Stored data entries

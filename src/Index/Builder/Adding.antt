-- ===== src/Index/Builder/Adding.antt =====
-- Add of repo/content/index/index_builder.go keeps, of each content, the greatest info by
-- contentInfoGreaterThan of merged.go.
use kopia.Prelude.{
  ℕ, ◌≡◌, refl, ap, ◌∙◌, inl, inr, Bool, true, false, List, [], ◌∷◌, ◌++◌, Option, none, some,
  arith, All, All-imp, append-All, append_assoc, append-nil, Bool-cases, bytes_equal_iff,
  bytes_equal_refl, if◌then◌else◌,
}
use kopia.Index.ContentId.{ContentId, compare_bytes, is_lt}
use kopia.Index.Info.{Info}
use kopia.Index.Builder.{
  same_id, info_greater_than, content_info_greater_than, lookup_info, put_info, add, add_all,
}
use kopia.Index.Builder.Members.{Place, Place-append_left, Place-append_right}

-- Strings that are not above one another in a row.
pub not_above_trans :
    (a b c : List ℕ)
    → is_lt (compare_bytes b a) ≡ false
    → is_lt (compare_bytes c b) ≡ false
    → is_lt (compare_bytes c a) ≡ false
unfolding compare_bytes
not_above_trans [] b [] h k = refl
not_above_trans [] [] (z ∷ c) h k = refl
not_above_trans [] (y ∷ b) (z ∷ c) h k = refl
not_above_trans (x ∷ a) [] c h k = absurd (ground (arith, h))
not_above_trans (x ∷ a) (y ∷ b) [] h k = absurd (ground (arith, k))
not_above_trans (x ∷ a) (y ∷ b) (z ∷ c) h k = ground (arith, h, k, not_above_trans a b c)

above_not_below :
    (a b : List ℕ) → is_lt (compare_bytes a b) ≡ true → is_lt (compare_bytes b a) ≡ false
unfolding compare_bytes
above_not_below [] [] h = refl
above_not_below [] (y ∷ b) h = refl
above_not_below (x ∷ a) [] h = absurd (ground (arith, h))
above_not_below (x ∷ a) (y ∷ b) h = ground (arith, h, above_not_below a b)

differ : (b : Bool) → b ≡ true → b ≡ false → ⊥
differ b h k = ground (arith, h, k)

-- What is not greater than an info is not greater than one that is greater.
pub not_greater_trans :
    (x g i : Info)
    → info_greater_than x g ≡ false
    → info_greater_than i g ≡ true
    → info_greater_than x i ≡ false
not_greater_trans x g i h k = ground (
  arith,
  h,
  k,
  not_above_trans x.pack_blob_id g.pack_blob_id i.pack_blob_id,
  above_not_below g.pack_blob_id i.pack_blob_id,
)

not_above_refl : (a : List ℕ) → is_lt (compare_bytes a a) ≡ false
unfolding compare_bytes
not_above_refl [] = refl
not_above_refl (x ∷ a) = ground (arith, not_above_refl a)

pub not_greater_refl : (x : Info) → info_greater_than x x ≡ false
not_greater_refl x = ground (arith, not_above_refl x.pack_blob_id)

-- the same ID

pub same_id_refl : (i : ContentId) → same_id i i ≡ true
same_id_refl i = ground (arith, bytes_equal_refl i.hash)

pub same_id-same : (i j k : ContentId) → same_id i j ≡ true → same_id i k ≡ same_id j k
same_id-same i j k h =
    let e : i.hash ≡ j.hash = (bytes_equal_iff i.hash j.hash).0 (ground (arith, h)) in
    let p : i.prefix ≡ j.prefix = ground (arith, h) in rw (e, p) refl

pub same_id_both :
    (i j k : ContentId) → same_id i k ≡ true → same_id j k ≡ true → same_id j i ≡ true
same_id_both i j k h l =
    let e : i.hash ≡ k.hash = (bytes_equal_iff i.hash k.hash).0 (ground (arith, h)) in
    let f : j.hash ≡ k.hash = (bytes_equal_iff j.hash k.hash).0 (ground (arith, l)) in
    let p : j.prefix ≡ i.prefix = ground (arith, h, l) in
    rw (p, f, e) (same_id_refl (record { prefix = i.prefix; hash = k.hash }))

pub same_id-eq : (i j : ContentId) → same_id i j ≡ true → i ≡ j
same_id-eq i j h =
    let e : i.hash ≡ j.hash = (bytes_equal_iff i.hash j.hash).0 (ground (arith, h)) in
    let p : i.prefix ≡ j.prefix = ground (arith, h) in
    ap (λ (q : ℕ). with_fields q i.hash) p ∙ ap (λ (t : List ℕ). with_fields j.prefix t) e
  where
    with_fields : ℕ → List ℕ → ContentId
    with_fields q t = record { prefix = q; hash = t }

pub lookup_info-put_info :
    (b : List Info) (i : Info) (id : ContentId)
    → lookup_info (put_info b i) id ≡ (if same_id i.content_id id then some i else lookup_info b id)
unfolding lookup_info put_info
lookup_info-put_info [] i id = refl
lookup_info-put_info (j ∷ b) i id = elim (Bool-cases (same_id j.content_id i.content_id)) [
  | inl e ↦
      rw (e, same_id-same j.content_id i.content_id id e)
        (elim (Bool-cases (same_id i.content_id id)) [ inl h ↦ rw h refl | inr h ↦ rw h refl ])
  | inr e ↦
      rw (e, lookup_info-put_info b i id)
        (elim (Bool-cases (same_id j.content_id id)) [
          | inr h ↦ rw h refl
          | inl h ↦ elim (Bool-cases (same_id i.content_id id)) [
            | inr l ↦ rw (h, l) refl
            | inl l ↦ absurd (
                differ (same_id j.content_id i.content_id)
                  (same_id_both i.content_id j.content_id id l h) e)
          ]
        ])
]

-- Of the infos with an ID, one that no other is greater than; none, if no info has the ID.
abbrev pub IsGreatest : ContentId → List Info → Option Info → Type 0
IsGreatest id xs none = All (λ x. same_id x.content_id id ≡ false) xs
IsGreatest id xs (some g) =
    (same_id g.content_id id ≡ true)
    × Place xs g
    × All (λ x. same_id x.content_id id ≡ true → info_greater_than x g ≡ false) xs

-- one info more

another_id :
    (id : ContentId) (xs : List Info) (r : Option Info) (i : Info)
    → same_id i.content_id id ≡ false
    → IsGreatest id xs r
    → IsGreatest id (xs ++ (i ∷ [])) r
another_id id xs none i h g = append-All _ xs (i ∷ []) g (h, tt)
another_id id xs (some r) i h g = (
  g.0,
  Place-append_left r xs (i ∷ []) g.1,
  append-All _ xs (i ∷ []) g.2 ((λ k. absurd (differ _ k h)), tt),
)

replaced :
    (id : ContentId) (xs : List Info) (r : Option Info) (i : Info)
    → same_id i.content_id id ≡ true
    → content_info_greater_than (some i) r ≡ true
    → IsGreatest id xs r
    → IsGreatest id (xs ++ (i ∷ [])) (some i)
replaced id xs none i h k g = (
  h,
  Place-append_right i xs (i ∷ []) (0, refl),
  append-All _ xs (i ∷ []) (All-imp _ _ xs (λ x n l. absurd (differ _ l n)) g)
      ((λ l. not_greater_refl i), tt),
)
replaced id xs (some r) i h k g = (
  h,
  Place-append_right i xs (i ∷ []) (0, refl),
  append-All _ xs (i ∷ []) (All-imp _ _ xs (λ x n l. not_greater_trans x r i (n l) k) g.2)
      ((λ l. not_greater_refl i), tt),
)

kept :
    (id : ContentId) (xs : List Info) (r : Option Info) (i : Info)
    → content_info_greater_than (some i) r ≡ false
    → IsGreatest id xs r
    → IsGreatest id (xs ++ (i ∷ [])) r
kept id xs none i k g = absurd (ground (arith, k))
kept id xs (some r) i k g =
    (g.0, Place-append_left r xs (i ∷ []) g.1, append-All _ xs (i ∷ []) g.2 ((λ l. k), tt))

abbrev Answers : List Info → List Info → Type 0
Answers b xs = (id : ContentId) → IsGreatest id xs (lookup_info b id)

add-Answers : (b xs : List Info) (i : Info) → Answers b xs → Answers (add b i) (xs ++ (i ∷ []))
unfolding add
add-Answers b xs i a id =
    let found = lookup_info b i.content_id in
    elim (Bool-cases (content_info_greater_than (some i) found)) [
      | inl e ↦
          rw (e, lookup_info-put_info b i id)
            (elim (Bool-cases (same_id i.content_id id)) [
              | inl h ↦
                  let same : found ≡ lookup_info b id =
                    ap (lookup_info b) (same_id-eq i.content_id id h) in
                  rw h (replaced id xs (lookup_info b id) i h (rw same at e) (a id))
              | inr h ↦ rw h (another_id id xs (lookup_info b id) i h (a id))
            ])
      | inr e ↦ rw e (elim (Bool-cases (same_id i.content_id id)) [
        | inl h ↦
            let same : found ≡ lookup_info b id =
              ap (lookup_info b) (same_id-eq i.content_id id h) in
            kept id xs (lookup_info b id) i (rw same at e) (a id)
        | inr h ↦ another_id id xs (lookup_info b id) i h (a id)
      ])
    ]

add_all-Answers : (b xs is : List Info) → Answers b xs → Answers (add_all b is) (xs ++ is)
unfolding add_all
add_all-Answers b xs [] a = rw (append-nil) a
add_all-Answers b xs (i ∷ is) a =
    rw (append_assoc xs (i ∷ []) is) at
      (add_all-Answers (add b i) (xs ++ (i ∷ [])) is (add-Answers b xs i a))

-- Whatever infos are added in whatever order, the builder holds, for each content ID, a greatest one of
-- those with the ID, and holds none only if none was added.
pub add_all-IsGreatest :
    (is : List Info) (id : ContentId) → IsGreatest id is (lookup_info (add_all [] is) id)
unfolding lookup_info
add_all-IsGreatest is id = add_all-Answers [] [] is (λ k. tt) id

• _Exercise requirements_:
Your task is to copy exactly, and only, the lines from the line with "unfolding add_all" through the last line of the entries, both included.

• _Solution_:
unfolding add_all
add_all-Answers b xs [] a = rw (append-nil) a
add_all-Answers b xs (i ∷ is) a =
    rw (append_assoc xs (i ∷ []) is) at
      (add_all-Answers (add b i) (xs ++ (i ∷ [])) is (add-Answers b xs i a))

-- Whatever infos are added in whatever order, the builder holds, for each content ID, a greatest one of
-- those with the ID, and holds none only if none was added.
pub add_all-IsGreatest :
    (is : List Info) (id : ContentId) → IsGreatest id is (lookup_info (add_all [] is) id)
unfolding lookup_info
add_all-IsGreatest is id = add_all-Answers [] [] is (λ k. tt) id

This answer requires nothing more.